The Most Interesting Charts of 2020

"Success is a lousy teacher. It seduces smart people into thinking they can't lose." - Bill Gates.


If success is a lousy teacher, 2020 could be classified as the year of learning opportunities. We outline the most interesting (some might say ridiculous) charts of the year.



Source: Unknown Twitter Account


The above graph shows the ebb and flow of investor emotions during volatile markets. Upward markets solicit emotions of missing out on gains. Downward markets make people feel like they should have seen the crash coming. Both behaviors are destructive.



Source: Ycharts


Piggybacking off the first graph of investor psychology, the above shows the S&P 500 (blue) compared to retail and institutional money market balances. Notice how cash balances swell shortly after the sell-off, only to miss out on equity gains. More recently, investors have plowed money back into stocks at much higher index levels. Selling near the market lows and buying at much higher levels is common investor behavior.


Source: Ycharts


The above chart shows daily swings for various U.S. equity indices (from top to bottom; Nasdaq, S&P, and Dow) during 2020. Only in hindsight can we fully appreciate the massive daily swings, from a 12.76% loss to a 11% gain! We can educate ourselves on what we should do during volatile markets, but it's impossible to replicate human fear during the eye of the storm.



Source: Ycharts


The above chart shows crude oil futures prices for the year. The collapse in oil would have been a crisis in its own right, but was overshadowed by COVID, Presidential election, and stock market volatility. Oil demand fell off a cliff and supply flooded the market. In the spring, you had to pay someone to take delivery of a barrel of crude oil.



Source: Ycharts


The above chart shows the ascension of Bitcoin. The "blue chip" of cryptocurrency's rise was driven by institutional investors giving Bitcoin enthusiasts hope for mainstream adoption.



Source: Ycharts


The above charts compare Tesla's and Berkshire Hathaway's market cap (top graph) and free cash flow (through Q3 2020). Market pessimists will point to such confounding dislocations as proof investors are off their rocker. Tesla is worth more than Berkshire measured by market cap, but has a fraction of the free cash flow. That's enough to make a value investor's head explode.


Source: Ycharts


The above chart shows the divergence between Tesla and the other "big four" auto manufacturers. Perhaps no company captures the polarization of the stock market better than Tesla. I know super-smart people that think Tesla is undervalued at these levels. I know super-smart people that think Tesla is a zero.



Source: Ycharts


Nothing to see here. Another juggernaut return year for big tech stocks. When someone asks what the market did today, look no further than the above names which make up ~30% of the S&P 500.


Source: Ycharts


The above graph is another dramatic example of the valuation gap between tech and value stocks. The top graph shows Zoom's performance and price to sales ratio (the higher the number, the greater multiple of sales the stock trades). The lower graph shows the same metrics for Wells Fargo.

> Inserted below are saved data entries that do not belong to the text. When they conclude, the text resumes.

-- ===== src/Core/Serialization/Fields/RoundTrip.antt =====
-- Decoding what was encoded, for the encoder and the decoder of
-- crates/keymesh-core/src/serialization/mod.rs.
use key_mesh.Prelude.{
  ℕ, ◌%◌, ◌^◌, ◌≡◌, refl, sym, ◌∙◌, List, [], ◌∷◌, ◌++◌, map, length, All, arith, append_assoc,
  append-nil,
}
use key_mesh.Prelude.Bytes.{to_be_bytes}
use key_mesh.Prelude.Outcome.{ok}
use key_mesh.Core.Serialization.{
  Encoder, new_encoder, into_bytes, write_u8, write_u64, write_bytes, Decoder, new_decoder, advance,
  finish,
}
use key_mesh.Core.Serialization.Decoding.{
  rest, remaining-length, rest-advance, rest-advance_width, read_u8-front, read_u64-to_be_bytes,
  read_bytes-front,
}
use key_mesh.Core.Serialization.Fields.{
  Field, u8, u64, blob, kind_of, Fits, write_field, write_fields, read_field, read_fields, finished,
  encode_fields, decode_fields, image, images,
}

write_field-image :
    (f : Field) (enc : Encoder) → Fits f → (write_field f enc).buf ≡ enc.buf ++ image f
unfolding write_field write_u8 write_u64 write_bytes
write_field-image (u8 v) enc h = refl
write_field-image (u64 v) enc h = refl
write_field-image (blob bytes) enc h =
    let small : length bytes % 2 ^ 32 ≡ length bytes = omega arith in
    rw small (append_assoc enc.buf (to_be_bytes 4 (length bytes)) bytes)

write_fields-images :
    (fs : List Field) (enc : Encoder)
    → All Fits fs
    → (write_fields fs enc).buf ≡ enc.buf ++ images fs
unfolding write_fields
write_fields-images [] enc h = sym (append-nil enc.buf)
write_fields-images (f ∷ fs) enc h =
    write_fields-images fs (write_field f enc) h.1
    ∙ rw (write_field-image f enc h.0) (append_assoc enc.buf (image f) (images fs))

pub encode_fields-images : (fs : List Field) → All Fits fs → encode_fields fs ≡ images fs
unfolding encode_fields into_bytes new_encoder
encode_fields-images fs h = write_fields-images fs new_encoder h

read_field-front :
    (f : Field) (d : Decoder) (tail : List ℕ)
    → Fits f
    → rest d ≡ image f ++ tail
    → (e : Decoder) × (read_field (kind_of f) d ≡ (ok f, e)) × (rest e ≡ tail)
unfolding read_field
read_field-front (u8 v) d tail h e =
    (advance 1 d, rw (read_u8-front d v tail e), rest-advance d (v ∷ []) tail e)
read_field-front (u64 v) d tail h e =
    (advance 8 d, rw (read_u64-to_be_bytes d v tail h e), rest-advance_width 8 v d tail e)
read_field-front (blob bytes) d tail h e =
    let split = e ∙ append_assoc (to_be_bytes 4 (length bytes)) bytes tail in
    (
      advance (length bytes) (advance 4 d),
      rw (read_bytes-front d bytes tail h split),
      rest-advance (advance 4 d) bytes tail
          (rest-advance_width 4 (length bytes) d (bytes ++ tail) split),
    )

read_fields-front :
    (fs : List Field) (d : Decoder) (tail : List ℕ)
    → All Fits fs
    → rest d ≡ images fs ++ tail
    → (e : Decoder) × (read_fields (map kind_of fs) d ≡ (ok fs, e)) × (rest e ≡ tail)
unfolding read_fields
read_fields-front [] d tail h p = (d, refl, p)
read_fields-front (f ∷ fs) d tail h p =
    let (e, first, left) =
      read_field-front f d (images fs ++ tail) h.0 (p ∙ append_assoc (image f) (images fs) tail) in
    let (e', more, left') = read_fields-front fs e tail h.1 left in (e', rw first (rw more), left')

finish-rest : (d : Decoder) → rest d ≡ [] → finish d ≡ ok tt
unfolding finish
finish-rest d h = rw (remaining-length d, h)

-- What the encoder wrote of fields that fit their types the decoder reads back, field by field and with nothing left over.
pub decode_fields-encode_fields :
    (fs : List Field) → All Fits fs → decode_fields (map kind_of fs) (encode_fields fs) ≡ ok fs
unfolding decode_fields new_decoder
decode_fields-encode_fields fs h =
    let start = new_decoder (encode_fields fs) in
    let (e, all, left) =
      read_fields-front fs start [] h (encode_fields-images fs h ∙ sym (append-nil (images fs))) in
    rw all (rw (finish-rest e left, finished))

Zoom's shares are 33x more expensive than Wells Fargo measured by price to sales!


Source: Ycharts


The above graph shows the wide dispersion of returns between the best performing sector (technology) and the worst (energy). Usually a rising market tide lifts all boats, but that hasn't been the case in 2020.



Source: Ycharts


The above graph shows the companies that were immersed in the race for a COVID vaccine. We fielded many questions about investing in the vaccine pioneers, and as you can see, it's virtually impossible to pick winners and losers. In fact, Pfizer was first to the finish line and the stock is flat for the year. Go figure.



Source: Ycharts


The above graph shows long term interest rates for various countries. Perhaps the best case against rising interest rates in the US is the plethora of negative yielding debt around the globe. To a German investor, the 0.92% yield on the 10-year U.S. Treasury might look very attractive.



Source: Ycharts


The above shows performance for long-term Treasuries (purple), U.S. aggregate bond index (orange), and short-term Treasures (blue). Despite low starting yields, high-quality fixed income provided a safe haven during the apex of the COVID sell-off.


Source: Ycharts


The above graph shows the surge in refinancing activity (orange) due to record low mortgage rates (purple). Lower mortgage rates have pushed home prices higher in many U.S. markets.


Wishing everyone a safe and Happy New Year!